= About this exercise =
Read through the listing, and wherever a line holds the word "cases", return it.

= Material provided =

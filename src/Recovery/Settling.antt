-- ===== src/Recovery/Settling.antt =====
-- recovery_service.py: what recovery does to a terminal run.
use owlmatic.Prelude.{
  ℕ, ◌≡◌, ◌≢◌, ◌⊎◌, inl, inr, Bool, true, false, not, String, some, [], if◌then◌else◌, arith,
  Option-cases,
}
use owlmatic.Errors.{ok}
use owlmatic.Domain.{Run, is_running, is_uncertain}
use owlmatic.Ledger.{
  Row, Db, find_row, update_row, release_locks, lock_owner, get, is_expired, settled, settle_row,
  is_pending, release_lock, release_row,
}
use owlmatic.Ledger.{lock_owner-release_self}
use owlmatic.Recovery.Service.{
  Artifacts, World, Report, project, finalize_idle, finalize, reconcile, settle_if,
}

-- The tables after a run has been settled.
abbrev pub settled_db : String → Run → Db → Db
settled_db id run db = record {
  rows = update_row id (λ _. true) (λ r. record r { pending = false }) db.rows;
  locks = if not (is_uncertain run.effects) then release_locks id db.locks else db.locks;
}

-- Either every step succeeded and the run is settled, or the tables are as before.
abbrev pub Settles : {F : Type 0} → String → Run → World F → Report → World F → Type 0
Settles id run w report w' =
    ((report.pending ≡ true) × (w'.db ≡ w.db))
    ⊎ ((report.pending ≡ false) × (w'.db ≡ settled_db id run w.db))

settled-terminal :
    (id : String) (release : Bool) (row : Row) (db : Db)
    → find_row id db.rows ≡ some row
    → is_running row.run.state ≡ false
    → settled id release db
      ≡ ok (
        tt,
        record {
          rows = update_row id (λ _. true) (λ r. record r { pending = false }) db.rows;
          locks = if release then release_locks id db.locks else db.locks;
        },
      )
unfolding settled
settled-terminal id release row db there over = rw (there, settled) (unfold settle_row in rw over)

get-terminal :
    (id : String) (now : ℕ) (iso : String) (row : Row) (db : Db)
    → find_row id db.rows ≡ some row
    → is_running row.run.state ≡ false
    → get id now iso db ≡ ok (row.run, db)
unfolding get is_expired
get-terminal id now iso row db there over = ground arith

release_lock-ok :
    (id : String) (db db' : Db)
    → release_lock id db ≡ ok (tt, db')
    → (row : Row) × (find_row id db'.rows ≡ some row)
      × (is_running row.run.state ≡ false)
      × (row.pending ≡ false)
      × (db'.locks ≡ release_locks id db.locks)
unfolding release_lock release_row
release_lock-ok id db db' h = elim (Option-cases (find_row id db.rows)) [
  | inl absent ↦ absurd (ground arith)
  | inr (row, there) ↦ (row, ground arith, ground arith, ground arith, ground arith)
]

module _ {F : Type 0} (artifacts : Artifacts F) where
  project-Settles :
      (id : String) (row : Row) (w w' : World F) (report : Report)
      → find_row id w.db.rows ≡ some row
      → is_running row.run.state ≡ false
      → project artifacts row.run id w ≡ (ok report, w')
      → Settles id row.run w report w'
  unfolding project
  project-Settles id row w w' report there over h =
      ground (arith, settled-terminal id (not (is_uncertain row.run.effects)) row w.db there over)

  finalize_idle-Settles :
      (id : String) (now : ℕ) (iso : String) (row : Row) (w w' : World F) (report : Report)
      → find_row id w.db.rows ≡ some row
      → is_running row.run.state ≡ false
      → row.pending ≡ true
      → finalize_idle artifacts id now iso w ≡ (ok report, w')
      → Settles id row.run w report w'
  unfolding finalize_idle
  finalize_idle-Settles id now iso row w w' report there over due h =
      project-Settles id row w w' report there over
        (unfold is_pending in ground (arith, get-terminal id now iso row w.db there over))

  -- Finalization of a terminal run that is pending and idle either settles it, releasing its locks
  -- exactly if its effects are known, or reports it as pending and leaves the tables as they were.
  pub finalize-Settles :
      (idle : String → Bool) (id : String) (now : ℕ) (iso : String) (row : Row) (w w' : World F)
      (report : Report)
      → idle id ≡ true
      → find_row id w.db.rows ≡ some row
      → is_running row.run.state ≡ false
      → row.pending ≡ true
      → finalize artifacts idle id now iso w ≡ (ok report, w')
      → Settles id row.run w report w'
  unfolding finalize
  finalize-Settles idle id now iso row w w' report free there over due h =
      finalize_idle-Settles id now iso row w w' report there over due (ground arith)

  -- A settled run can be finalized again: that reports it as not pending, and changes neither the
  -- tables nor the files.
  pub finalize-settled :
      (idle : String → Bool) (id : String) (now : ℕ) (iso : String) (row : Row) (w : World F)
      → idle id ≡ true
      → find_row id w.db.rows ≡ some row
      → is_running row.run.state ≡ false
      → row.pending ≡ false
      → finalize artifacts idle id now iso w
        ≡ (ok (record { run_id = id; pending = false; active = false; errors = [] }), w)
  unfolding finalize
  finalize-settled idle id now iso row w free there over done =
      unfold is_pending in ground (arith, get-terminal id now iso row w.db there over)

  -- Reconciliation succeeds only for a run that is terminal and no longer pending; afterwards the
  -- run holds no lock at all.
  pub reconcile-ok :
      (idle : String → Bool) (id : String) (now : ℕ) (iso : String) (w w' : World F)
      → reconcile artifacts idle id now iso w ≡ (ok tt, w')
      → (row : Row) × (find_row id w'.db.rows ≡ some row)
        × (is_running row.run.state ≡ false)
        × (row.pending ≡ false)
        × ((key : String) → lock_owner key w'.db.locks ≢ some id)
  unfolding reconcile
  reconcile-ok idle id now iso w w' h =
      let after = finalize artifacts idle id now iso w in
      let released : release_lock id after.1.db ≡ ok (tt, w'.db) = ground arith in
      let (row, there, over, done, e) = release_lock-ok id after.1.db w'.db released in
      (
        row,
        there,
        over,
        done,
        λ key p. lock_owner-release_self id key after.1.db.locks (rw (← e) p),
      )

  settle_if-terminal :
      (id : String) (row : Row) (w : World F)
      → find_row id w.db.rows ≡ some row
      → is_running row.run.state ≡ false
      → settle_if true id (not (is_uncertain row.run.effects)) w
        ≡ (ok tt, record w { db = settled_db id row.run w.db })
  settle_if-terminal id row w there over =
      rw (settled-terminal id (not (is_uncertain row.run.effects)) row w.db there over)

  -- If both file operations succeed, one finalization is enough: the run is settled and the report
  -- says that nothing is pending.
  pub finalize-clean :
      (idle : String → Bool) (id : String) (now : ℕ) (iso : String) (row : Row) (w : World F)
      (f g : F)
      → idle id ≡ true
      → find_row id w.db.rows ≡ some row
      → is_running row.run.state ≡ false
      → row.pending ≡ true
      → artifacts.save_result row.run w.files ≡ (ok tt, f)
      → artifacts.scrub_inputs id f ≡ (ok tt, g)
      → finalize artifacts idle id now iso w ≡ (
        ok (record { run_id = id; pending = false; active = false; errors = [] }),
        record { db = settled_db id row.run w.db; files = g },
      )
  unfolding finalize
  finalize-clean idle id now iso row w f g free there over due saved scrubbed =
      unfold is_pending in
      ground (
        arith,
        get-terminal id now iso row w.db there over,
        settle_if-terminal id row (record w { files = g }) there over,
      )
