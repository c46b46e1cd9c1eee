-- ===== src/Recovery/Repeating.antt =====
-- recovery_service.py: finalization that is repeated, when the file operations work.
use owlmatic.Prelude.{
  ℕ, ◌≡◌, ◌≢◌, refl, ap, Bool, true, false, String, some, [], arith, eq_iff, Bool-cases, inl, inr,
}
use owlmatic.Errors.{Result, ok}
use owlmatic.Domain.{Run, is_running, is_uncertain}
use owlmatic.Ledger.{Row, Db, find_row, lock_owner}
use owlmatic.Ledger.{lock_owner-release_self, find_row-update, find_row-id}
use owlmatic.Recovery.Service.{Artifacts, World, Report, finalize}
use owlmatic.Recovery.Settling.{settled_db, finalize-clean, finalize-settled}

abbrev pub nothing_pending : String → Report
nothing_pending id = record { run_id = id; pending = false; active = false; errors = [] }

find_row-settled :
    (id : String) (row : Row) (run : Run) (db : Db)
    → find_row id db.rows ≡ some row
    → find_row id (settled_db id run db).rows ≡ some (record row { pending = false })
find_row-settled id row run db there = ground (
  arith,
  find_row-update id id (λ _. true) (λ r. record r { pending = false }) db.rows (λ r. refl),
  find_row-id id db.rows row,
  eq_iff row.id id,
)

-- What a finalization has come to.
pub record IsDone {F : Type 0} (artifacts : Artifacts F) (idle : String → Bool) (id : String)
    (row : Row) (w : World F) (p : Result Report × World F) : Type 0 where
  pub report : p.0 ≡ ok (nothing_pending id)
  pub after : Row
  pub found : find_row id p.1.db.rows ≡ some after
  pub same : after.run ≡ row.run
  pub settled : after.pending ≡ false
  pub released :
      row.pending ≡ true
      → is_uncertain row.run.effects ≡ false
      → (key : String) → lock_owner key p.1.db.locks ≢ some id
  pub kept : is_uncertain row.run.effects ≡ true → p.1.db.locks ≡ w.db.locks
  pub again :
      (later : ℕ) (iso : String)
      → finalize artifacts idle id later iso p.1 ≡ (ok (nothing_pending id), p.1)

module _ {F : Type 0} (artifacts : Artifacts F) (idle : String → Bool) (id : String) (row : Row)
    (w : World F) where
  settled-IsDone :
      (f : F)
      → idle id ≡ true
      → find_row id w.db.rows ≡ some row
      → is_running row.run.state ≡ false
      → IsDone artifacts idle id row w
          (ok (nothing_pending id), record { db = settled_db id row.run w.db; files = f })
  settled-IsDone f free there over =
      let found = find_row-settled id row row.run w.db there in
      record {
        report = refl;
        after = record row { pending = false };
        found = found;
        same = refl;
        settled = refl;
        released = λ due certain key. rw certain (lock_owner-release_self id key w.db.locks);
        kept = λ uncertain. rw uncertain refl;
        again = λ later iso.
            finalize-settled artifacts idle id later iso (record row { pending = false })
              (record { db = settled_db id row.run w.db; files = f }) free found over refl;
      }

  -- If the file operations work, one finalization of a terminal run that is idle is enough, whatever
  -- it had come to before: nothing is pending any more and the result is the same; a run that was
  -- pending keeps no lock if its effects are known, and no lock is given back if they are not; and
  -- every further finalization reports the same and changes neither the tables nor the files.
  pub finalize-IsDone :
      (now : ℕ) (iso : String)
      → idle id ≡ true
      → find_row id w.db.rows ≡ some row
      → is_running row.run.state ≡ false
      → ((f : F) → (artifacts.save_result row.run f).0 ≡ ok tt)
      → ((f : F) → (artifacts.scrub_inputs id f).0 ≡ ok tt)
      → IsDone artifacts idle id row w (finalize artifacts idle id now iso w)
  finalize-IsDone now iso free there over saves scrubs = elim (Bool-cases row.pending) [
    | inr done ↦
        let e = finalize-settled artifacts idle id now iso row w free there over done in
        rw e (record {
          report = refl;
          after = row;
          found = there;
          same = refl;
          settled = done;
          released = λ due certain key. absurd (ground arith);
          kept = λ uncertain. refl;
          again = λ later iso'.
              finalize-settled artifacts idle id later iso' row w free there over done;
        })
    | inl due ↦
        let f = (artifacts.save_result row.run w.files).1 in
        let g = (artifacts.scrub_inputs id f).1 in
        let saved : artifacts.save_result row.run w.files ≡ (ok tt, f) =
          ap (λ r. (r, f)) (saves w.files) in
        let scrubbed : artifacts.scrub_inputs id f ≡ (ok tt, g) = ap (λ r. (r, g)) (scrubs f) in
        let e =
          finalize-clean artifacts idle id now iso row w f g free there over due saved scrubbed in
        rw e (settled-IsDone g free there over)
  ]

= Expected answer =
  Option-cases,
release_lock-ok id db db' h = elim (Option-cases (find_row id db.rows)) [
  ℕ, ◌≡◌, ◌≢◌, refl, ap, Bool, true, false, String, some, [], arith, eq_iff, Bool-cases, inl, inr,
  finalize-IsDone now iso free there over saves scrubs = elim (Bool-cases row.pending) [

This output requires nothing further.